___ Data listing
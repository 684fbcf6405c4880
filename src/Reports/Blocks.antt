-- ===== src/Reports/Blocks.antt =====
-- The parts of the page that are no literal text: the words of the code, and the blocks.
use vaultwatch.Base.{Bool, ℕ, ◌+◌, String, ◌<>◌, ◌≡◌, refl, arith, true, false, if◌then◌else◌}
use vaultwatch.Base.Exec.{Result, ok, err}
use vaultwatch.Base.Exec.Results.{◌>>=◌}
use vaultwatch.Runtime.{Runtime, truth}
use vaultwatch.Models.Values.{Json, null, bool, str}
use vaultwatch.Llm.Transcripts.{get_from}
use vaultwatch.Reports.{esc, familiarity, Subject, device, recipient}
use vaultwatch.Reports.Escape.{
  IsMarkup, opening, closing, quote, apostrophe, occurrences, occurrences-append,
}
use vaultwatch.Reports.Markup.{Marks, Marks-esc}
use vaultwatch.Reports.Reads.{familiar, correlation}
use vaultwatch.Reports.Page.{block, blocked}

-- a text without any of the four characters
clean :
    {k : ℕ} (m : IsMarkup k) (s : String)
    → occurrences b'<' s ≡ 0
    → occurrences b'>' s ≡ 0
    → occurrences b'"' s ≡ 0
    → occurrences b'\'' s ≡ 0
    → occurrences k s ≡ 0
clean opening s h₁ h₂ h₃ h₄ = h₁
clean closing s h₁ h₂ h₃ h₄ = h₂
clean quote s h₁ h₂ h₃ h₄ = h₃
clean apostrophe s h₁ h₂ h₃ h₄ = h₄

-- two clean texts among three others
occurrences-around :
    (k : ℕ) (a b c d e : String)
    → occurrences k b ≡ 0
    → occurrences k d ≡ 0
    → occurrences k (a <> b <> c <> d <> e) ≡ occurrences k a + (occurrences k c + occurrences k e)
occurrences-around k a b c d e h₁ h₂ = omega (
  arith,
  occurrences-append k a (b <> c <> d <> e),
  occurrences-append k b (c <> d <> e),
  occurrences-append k c (d <> e),
  occurrences-append k d e,
  h₁,
  h₂,
)

module _ (rt : Runtime) {k : ℕ} (m : IsMarkup k) where
  open rt use {Num}

  familiarity-Marks : (v : Json Num) (s : Subject) → occurrences k (familiarity rt v s) ≡ 0
  unfolding familiarity occurrences
  familiarity-Marks (bool true) device = clean m "New device" refl refl refl refl
  familiarity-Marks (bool true) recipient = clean m "New recipient" refl refl refl refl
  familiarity-Marks (bool false) device = clean m "Known device" refl refl refl refl
  familiarity-Marks (bool false) recipient = clean m "Known recipient" refl refl refl refl
  familiarity-Marks _ device = clean m "Device familiarity not recorded" refl refl refl refl
  familiarity-Marks _ recipient = clean m "Recipient familiarity not recorded" refl refl refl refl

  pub familiar-Marks :
      (review : Json Num) (key : String) (s : Subject) → Marks k 0 (familiar rt review key s)
  unfolding familiar
  familiar-Marks review key s =
      elim (get_from review key null) as (λ r. Marks k 0 (r >>= λ v. ok (familiarity rt v s))) [
        | ok v ↦ record { at = familiarity-Marks v s }
        | err e ↦ record { at = tt }
      ]

  pub correlation-Marks : (decision : Json Num) → Marks k 0 (correlation rt decision)
  unfolding correlation occurrences
  correlation-Marks decision =
      elim (get_from decision "fused_with_security_event" null)
        as (λ r. Marks k 0 (
          r >>= λ fused. ok (
            if truth rt fused
            then "Matched Go login warning to this account"
            else "No matched login warning"))) [
              | ok fused ↦ record { at = one_of (truth rt fused) }
              | err e ↦ record { at = tt }
            ]
    where
      one_of :
          (b : Bool)
          → occurrences k
              (if b then "Matched Go login warning to this account" else "No matched login warning")
            ≡ 0
      one_of true = clean m "Matched Go login warning to this account" refl refl refl refl
      one_of false = clean m "No matched login warning" refl refl refl refl

  module _ (indented : Json Num → String) where
    abbrev block_marks : ℕ
    block_marks =
        occurrences k "<section><h2>"
        + (occurrences k "</h2><pre>" + occurrences k "</pre></section>")

    pub block-Marks :
        (title : String) (v : Json Num) → Marks k block_marks (ok (block rt indented title v))
    unfolding block
    block-Marks title v = record {
      at =
          occurrences-around k "<section><h2>" (esc rt (str title)) "</h2><pre>"
            (esc rt (str (indented v))) "</pre></section>" (Marks-esc rt m (str title)).at
            (Marks-esc rt m (str (indented v))).at;
    }

    pub blocked-Marks :
        (title : String) (r : Result (Json Num)) → Marks k block_marks (blocked rt indented title r)
    unfolding blocked
    blocked-Marks title (ok v) = block-Marks title v
    blocked-Marks title (err e) = record { at = tt }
______
What to do: Only the lines containing "then" are needed; copy each of them from the data.

Solution to the exercise:
use vaultwatch.Base.{Bool, ℕ, ◌+◌, String, ◌<>◌, ◌≡◌, refl, arith, true, false, if◌then◌else◌}
            then "Matched Go login warning to this account"
              (if b then "Matched Go login warning to this account" else "No matched login warning")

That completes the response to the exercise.